Kenchen Thrangu states:
The fourth fault is inactivity in which one experiences dullness or agitation in one's meditation but does nothing about it. When this happens, one will fall under its power and obviously not be able to work toward enlightenment. When one recognizes that there is dullness or agitation during meditation, one should remember and apply the remedies with diligence. So performing the proper remedy will eliminate the defect of inactivity.

===Antidote to over-application===
The antidote to over-application is identified as either:
- non-application (anabhisaṃskāra, ’du mi-byed-pa), or
- equanimity (upekṣā, btang snyoms)

Kenchen Thrangu states:
The fifth fault is the defect of overactivity, which means that when one is meditating with none of the five faults, one shouldn't do anything but rest in that meditative state. Doing this will eliminate the defect of overactivity.

==Relation to the nine mental abidings==
According to Geshe Gedun Lodro, whoever cultivates the nine mental abidings overcomes the five faults through the eight antidotes, and, conversely, whoever overcomes the five faults through the eight antidotes likewise cultivates the nine mental abidings.

The Dalai Lama states: "Through applying the eight antidotes the five faults are gradually eliminated, and one passes through nine stages of concentration."

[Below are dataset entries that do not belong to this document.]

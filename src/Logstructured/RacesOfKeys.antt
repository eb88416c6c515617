-- ===== src/Logstructured/RacesOfKeys.antt =====
-- Create and Delete of pkg/logstructured/logstructured.go over a lawful log, whatever other clients do
-- between the read and the append.
use kine.Prelude.{
  ℕ, ◌≡◌, refl, inl, inr, Bool, true, false, not, ◌&&◌, Option, none, some, Bytes, ◌==◌,
  if◌then◌else◌, Bool-cases, Option-cases,
}
use kine.Types.{KeyValue, Error, key_exists}
use kine.Logstructured.Log.{Log}
use kine.Logstructured.Store.{
  create, delete, got, adjust_write, adjust_create, delete_appended, delete_failed, create_event,
  delete_event,
}
use kine.Logstructured.Lawful.{Row, event_of, found, LawfulLog}
use kine.Logstructured.Races.{
  adjust_revision-zero, adjust_revision-same, adjust_revision-next, get_event-newest, appended,
}

-- the newest KeyValue, or the one that was read before
abbrev pub kv_after : KeyValue → Option Row → KeyValue
kv_after kv none = kv
kv_after kv (some row) = row.kv

module _ {S : Type 0} (log : Log S) (law : LawfulLog log) (between : S → S)
    (keeps : (s : S) → law.is_current s → law.is_current (between s)) where
  -- An append of a new key after the event at `prev`, at the state that the others have left.
  abbrev pub append_after : ℕ → Bytes → Bytes → ℕ → S → (ℕ × Option Error) × S
  append_after prev key value lease s =
      if law.is_followed s key prev
      then ((law.revision s, some law.unique), s)
      else ((law.next s, none), (log.append (create_event key value lease prev) s).1)

  -- A create needs a key that is not live, and no event after its newest one when the log is appended to.
  abbrev pub spec_create_at : Option Row → Bytes → Bytes → ℕ → S → (ℕ × Option Error) × S
  spec_create_at none key value lease s = append_after 0 key value lease (between s)
  spec_create_at (some row) key value lease s =
      if row.delete
      then append_after row.kv.mod_revision key value lease (between s)
      else ((law.revision s, some key_exists), s)

  abbrev pub spec_create : Bytes → Bytes → ℕ → S → (ℕ × Option Error) × S
  spec_create key value lease s = spec_create_at (law.newest s key) key value lease s

  create_appended-cas :
      (key value : Bytes) (lease prev : ℕ) (s : S)
      → law.is_current s
      → let e = create_event key value lease prev in
        adjust_create log (log.append e s) ≡ append_after prev key value lease s
  create_appended-cas key value lease prev s c =
      let e = create_event key value lease prev in
      elim (Bool-cases (law.is_followed s key prev)) [
        | inr fits ↦
            rw
              (
                appended log law between keeps s e _ _ refl refl fits,
                fits,
                adjust_revision-next log law between keeps s (log.append e s).1,
              )
              refl
        | inl lost ↦
            rw
              (
                law.append_followed s e _ _ refl refl lost,
                lost,
                adjust_revision-zero log law between keeps s c,
              )
              refl
      ]

  -- Over a lawful log that knows its newest revision, whatever other clients do between the read
  -- and the append of a `Create`, if it then knows its newest revision again, it fails with the
  -- key-exists error if the key was live when it was read, writes if no event of the key follows
  -- the newest one that was read (or follows none, if there was none) when the log is appended to,
  -- and otherwise returns the error of the log and writes nothing.
  pub create-eq-spec_create :
      (key value : Bytes) (lease : ℕ) (s : S)
      → law.is_current s
      → create log between key value lease s ≡ spec_create key value lease s
  unfolding create
  create-eq-spec_create key value lease s c = elim (Option-cases (law.newest s key)) [
    | inl e ↦
        rw (get_event-newest log law between keeps s key true true c, spec_create, e)
          (create_appended-cas key value lease 0 (between s) (keeps s c))
    | inr (row, e) ↦ elim (Bool-cases row.delete) [
      | inl gone ↦
          rw (get_event-newest log law between keeps s key true true c, spec_create, e, gone)
            (create_appended-cas key value lease row.kv.mod_revision (between s) (keeps s c))
      | inr there ↦
          rw
            (
              get_event-newest log law between keeps s key true true c,
              spec_create,
              e,
              there,
              adjust_revision-zero log law between keeps s c,
            )
            refl
    ]
  ]

  -- A delete of a key that never was is reported as done. Else the key must be live, at the revision
  -- unless that is 0, and no event may follow it when the log is appended to.
  abbrev pub spec_delete : Bytes → ℕ → S → (ℕ × Option KeyValue × Bool × Option Error) × S
  spec_delete key revision s = elim (law.newest s key) [
    | none ↦ ((law.revision s, none, true, none), s)
    | some row ↦
        let s' = between s in
        if row.delete
        then ((law.revision s, none, false, none), s)
        else if not (revision == 0) && not (row.kv.mod_revision == revision)
        then ((law.revision s, some row.kv, false, none), s)
        else if law.is_followed s' key row.kv.mod_revision
        then ((law.revision s', some (kv_after row.kv (law.newest s' key)), false, none), s')
        else (
          (law.next s', some row.kv, true, none),
          (log.append (delete_event key (event_of false row)) s').1,
        )
  ]

  delete_failed-newest :
      (row : Row) (s : S) (o : Option Row)
      → law.is_current s
      → adjust_write log (
          delete_failed log between 0
            (event_of false row)
            (got log ((law.revision s, found true false o, none), s)))
        ≡ ((law.revision s, some (kv_after row.kv o), false, none), s)
  delete_failed-newest row s none c = rw (adjust_revision-zero log law between keeps s c) refl
  delete_failed-newest row s (some r) c = elim (Bool-cases r.delete) [
    | inl gone ↦ rw (gone, adjust_revision-same log law between keeps s c) refl
    | inr there ↦ rw (there, adjust_revision-same log law between keeps s c) refl
  ]

  delete_appended-cas :
      (key : Bytes) (row : Row) (s : S)
      → law.is_current s
      → let e = delete_event key (event_of false row) in
        adjust_write log (delete_appended log between key (event_of false row) (log.append e s)) ≡ (
          if law.is_followed s key row.kv.mod_revision
          then ((law.revision s, some (kv_after row.kv (law.newest s key)), false, none), s)
          else ((law.next s, some row.kv, true, none), (log.append e s).1))
  delete_appended-cas key row s c =
      let e = delete_event key (event_of false row) in
      elim (Bool-cases (law.is_followed s key row.kv.mod_revision)) [
        | inr fits ↦
            rw
              (
                appended log law between keeps s e _ _ refl refl fits,
                fits,
                adjust_revision-next log law between keeps s (log.append e s).1,
              )
              refl
        | inl lost ↦
            rw
              (
                law.append_followed s e _ _ refl refl lost,
                lost,
                get_event-newest log law between keeps s key true false c,
              )
              (delete_failed-newest row s (law.newest s key) c)
      ]

  -- Over a lawful log that knows its newest revision, whatever other clients do between the read
  -- and the append of a `Delete`, if it then knows its newest revision again, a key without any
  -- event is reported as deleted, one that is not live or not at the given positive revision is
  -- not deleted, and otherwise the delete is written exactly if no event of the key follows the
  -- one that was read when the log is appended to; if one does, the newest KeyValue is returned
  -- with no error, and the log stays as the others left it.
  pub delete-eq-spec_delete :
      (key : Bytes) (revision : ℕ) (s : S)
      → law.is_current s
      → delete log between key revision s ≡ spec_delete key revision s
  unfolding delete
  delete-eq-spec_delete key revision s c = elim (Option-cases (law.newest s key)) [
    | inl e ↦
        rw
          (
            get_event-newest log law between keeps s key true false c,
            spec_delete,
            e,
            adjust_revision-same log law between keeps s c,
          )
          refl
    | inr (row, e) ↦ elim (Bool-cases row.delete) [
      | inl gone ↦
          rw
            (
              get_event-newest log law between keeps s key true false c,
              spec_delete,
              e,
              gone,
              adjust_revision-same log law between keeps s c,
            )
            refl
      | inr there ↦
          elim (Bool-cases (not (revision == 0) && not (row.kv.mod_revision == revision))) [
            | inl miss ↦
                rw
                  (
                    get_event-newest log law between keeps s key true false c,
                    spec_delete,
                    e,
                    there,
                    miss,
                    adjust_revision-same log law between keeps s c,
                  )
                  refl
            | inr hit ↦
                rw
                  (
                    get_event-newest log law between keeps s key true false c,
                    spec_delete,
                    e,
                    there,
                    hit,
                  )
                  (delete_appended-cas key row (between s) (keeps s c))
          ]
    ]
  ]
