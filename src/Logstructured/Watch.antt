-- ===== src/Logstructured/Watch.antt =====
-- Watch of pkg/logstructured/logstructured.go: the events that were there, and then those that the
-- channel of the log brings.
use kine.Prelude.{
  ℕ, ◌-◌, ◌≤◌, ◌<◌, ◌≡◌, refl, ap, sym, inl, inr, true, false, Option, none, some, List, [], ◌∷◌,
  ◌++◌, Bytes, ltb, leb, if◌then◌else◌, arith, Bool-cases, All, select, map,
}
use kine.Types.{Event, Error, compacted, canceled, unhealthy}
use kine.Logstructured.Log.{Log}
use kine.Logstructured.Store.{mod_of, filter}

-- What `Watch` returns, and what its goroutine starts with.
pub record Watching : Type 0 where
  pub current_revision : ℕ
  pub compact_revision : ℕ
  pub error : Option Error
  pub first : List Event
  pub last_revision : ℕ

-- `if revision > 1 { revision-- }`
abbrev pub watch_from : ℕ → ℕ
watch_from revision = if ltb 1 revision then revision - 1 else revision

abbrev pub last_of_first : ℕ → ℕ → List Event → ℕ
last_of_first revision rev [] = revision
last_of_first revision rev (e ∷ kvs) = rev

abbrev pub watching : ℕ → ℕ → List Event → ℕ → ℕ → Option Error → Watching
watching revision rev kvs current compact err = record {
  current_revision = current;
  compact_revision = compact;
  error = err;
  first = kvs;
  last_revision = last_of_first revision rev kvs;
}

module _ {S : Type 0} (log : Log S) where
  -- after the call of `After` with `revision`
  abbrev pub watch_after : ℕ → (ℕ × List Event × Option Error) × S → Watching × S
  watch_after revision ((rev, kvs, none), s) = (watching revision rev kvs 0 0 none, s)
  watch_after revision ((rev, kvs, some canceled), s) = (watching revision rev kvs 0 0 none, s)
  watch_after revision ((rev, kvs, some compacted), s) =
      let ((compact, _), s') = log.compact_revision s in
      (watching revision rev kvs rev compact none, s')
  watch_after revision ((rev, kvs, some e), s) = (watching revision rev kvs 0 0 (some unhealthy), s)

  unfoldable pub watch : Bytes → Bytes → ℕ → S → Watching × S
  watch key end revision s =
      let revision' = watch_from revision in watch_after revision' (log.after key end revision' 0 s)

abbrev filtered : ℕ → List (List Event) → List (List Event)
filtered rev batches = map (λ events. filter events rev) batches

-- `if len(kvs) > 0 { result <- kvs }`
abbrev pub with_first : List Event → List (List Event) → List (List Event)
with_first [] rest = rest
with_first (e ∷ kvs) rest = (e ∷ kvs) ∷ rest

-- What the goroutine sends, when the channel of the log brings `batches`.
unfoldable pub sent : Watching → List (List Event) → List (List Event)
sent w batches = with_first w.first (filtered w.last_revision batches)

abbrev pub concat {ℓ} : {A : Type ℓ} → List (List A) → List A
concat [] = []
concat (xs ∷ xss) = xs ++ concat xss

-- The mod revisions rise strictly from above `lo`.
abbrev pub Rising : ℕ → List Event → Type 0
Rising lo [] = Unit
Rising lo (e ∷ events) = (lo < mod_of e) × Rising (mod_of e) events

abbrev newer : ℕ → List Event → List Event
newer rev events = select (λ e. ltb rev (mod_of e)) events

Rising-lower : (lo lo' : ℕ) (events : List Event) → lo' ≤ lo → Rising lo events → Rising lo' events
Rising-lower lo lo' [] le r = tt
Rising-lower lo lo' (e ∷ events) le r = (omega (arith, le, r.0), r.1)

Rising-left : (lo : ℕ) (xs ys : List Event) → Rising lo (xs ++ ys) → Rising lo xs
Rising-left lo [] ys r = tt
Rising-left lo (e ∷ xs) ys r = (r.0, Rising-left (mod_of e) xs ys r.1)

Rising-right : (lo : ℕ) (xs ys : List Event) → Rising lo (xs ++ ys) → Rising lo ys
Rising-right lo [] ys r = r
Rising-right lo (e ∷ xs) ys r =
    Rising-lower (mod_of e) lo ys (omega (arith, r.0)) (Rising-right (mod_of e) xs ys r.1)

Rising-append :
    (lo hi : ℕ) (xs ys : List Event)
    → lo ≤ hi
    → Rising lo xs
    → All (λ e. mod_of e ≤ hi) xs
    → Rising hi ys
    → Rising lo (xs ++ ys)
Rising-append lo hi [] ys le r a s = Rising-lower hi lo ys le s
Rising-append lo hi (e ∷ xs) ys le r a s = (r.0, Rising-append (mod_of e) hi xs ys a.0 r.1 a.1 s)

newer-all :
    (rev lo : ℕ) (events : List Event) → rev ≤ lo → Rising lo events → newer rev events ≡ events
newer-all rev lo [] le r = refl
newer-all rev lo (e ∷ events) le r =
    let up : ltb rev (mod_of e) ≡ true = ground (arith, r.0, le) in
    rw up (ap (◌∷◌ e) (newer-all rev (mod_of e) events (omega (arith, r.0, le)) r.1))

filter-eq-newer :
    (rev lo : ℕ) (events : List Event) → Rising lo events → filter events rev ≡ newer rev events
unfolding filter
filter-eq-newer rev lo [] r = refl
filter-eq-newer rev lo (e ∷ events) r = elim (Bool-cases (leb (mod_of e) rev)) [
  | inl old ↦
      let not_up : ltb rev (mod_of e) ≡ false = ground (arith, old) in
      rw (old, not_up) (filter-eq-newer rev (mod_of e) events r.1)
  | inr new ↦
      let up : ltb rev (mod_of e) ≡ true = ground (arith, new) in
      rw (new, up) (ap (◌∷◌ e) (sym (newer-all rev (mod_of e) events (ground (arith, new)) r.1)))
]

Rising-newer : (rev lo : ℕ) (events : List Event) → Rising lo events → Rising rev (newer rev events)
Rising-newer rev lo [] r = tt
Rising-newer rev lo (e ∷ events) r = elim (Bool-cases (ltb rev (mod_of e))) [
  | inl up ↦
      rw (up, newer-all rev (mod_of e) events (ground (arith, up)) r.1) (ground (arith, up), r.1)
  | inr old ↦ rw old (Rising-newer rev (mod_of e) events r.1)
]

newer-append : (rev : ℕ) (xs ys : List Event) → newer rev (xs ++ ys) ≡ newer rev xs ++ newer rev ys
newer-append rev [] ys = refl
newer-append rev (e ∷ xs) ys = elim (Bool-cases (ltb rev (mod_of e))) [
  | inl up ↦ rw up (ap (◌∷◌ e) (newer-append rev xs ys))
  | inr old ↦ rw old (newer-append rev xs ys)
]

concat-filtered :
    (rev lo : ℕ) (batches : List (List Event))
    → Rising lo (concat batches)
    → concat (filtered rev batches) ≡ newer rev (concat batches)
concat-filtered rev lo [] r = refl
concat-filtered rev lo (events ∷ batches) r =
    rw
      (
        filter-eq-newer rev lo events (Rising-left lo events (concat batches) r),
        concat-filtered rev lo batches (Rising-right lo events (concat batches) r),
      )
      (sym (newer-append rev events (concat batches)))

with_first-Rising :
    (first : List Event) (rev : ℕ) (batches : List (List Event))
    → Rising 0 first
    → All (λ e. mod_of e ≤ rev) first
    → Rising 0 (concat batches)
    → Rising 0 (concat (with_first first (filtered rev batches)))
with_first-Rising [] rev batches f a r = rw (concat-filtered rev 0 batches r) (
    Rising-lower rev 0 (newer rev (concat batches)) (omega arith)
      (Rising-newer rev 0 (concat batches) r))
with_first-Rising (e ∷ kvs) rev batches f a r = rw (concat-filtered rev 0 batches r) (
    Rising-append 0 rev (e ∷ kvs) (newer rev (concat batches)) (omega arith) f a
      (Rising-newer rev 0 (concat batches) r))

-- If the events that `Watch` reads first rise strictly up to the last revision, and all events
-- that the channel of the log then brings rise strictly, then everything that the watch sends
-- rises strictly: no event comes twice or out of order, although the channel was opened before the
-- first read.
pub sent-Rising :
    (w : Watching) (batches : List (List Event))
    → Rising 0 w.first
    → All (λ e. mod_of e ≤ w.last_revision) w.first
    → Rising 0 (concat batches)
    → Rising 0 (concat (sent w batches))
unfolding sent
sent-Rising w batches f a r = with_first-Rising w.first w.last_revision batches f a r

==Relation to the five hindrances==
The five hindrances to concentration is another list of obstacles to meditation that is presented in both the Pali texts and the Mahayana texts. The system of the five faults and eight antidotes is presented only in certain Mahayana texts. Thubten Chodron states:
 [...] the five hindrances to concentration [...] are presented both in the Pali texts and the Mahayana texts. However, Maitreya and Asanga, in their Mahayana texts, presented a list of five faults to concentration and eight antidotes. There's some overlap between these two sets of the five hindrances and the five faults. But there are also some differences so it’s good to go through both sets. This then gives us a rounded, complete picture of how to generate concentration.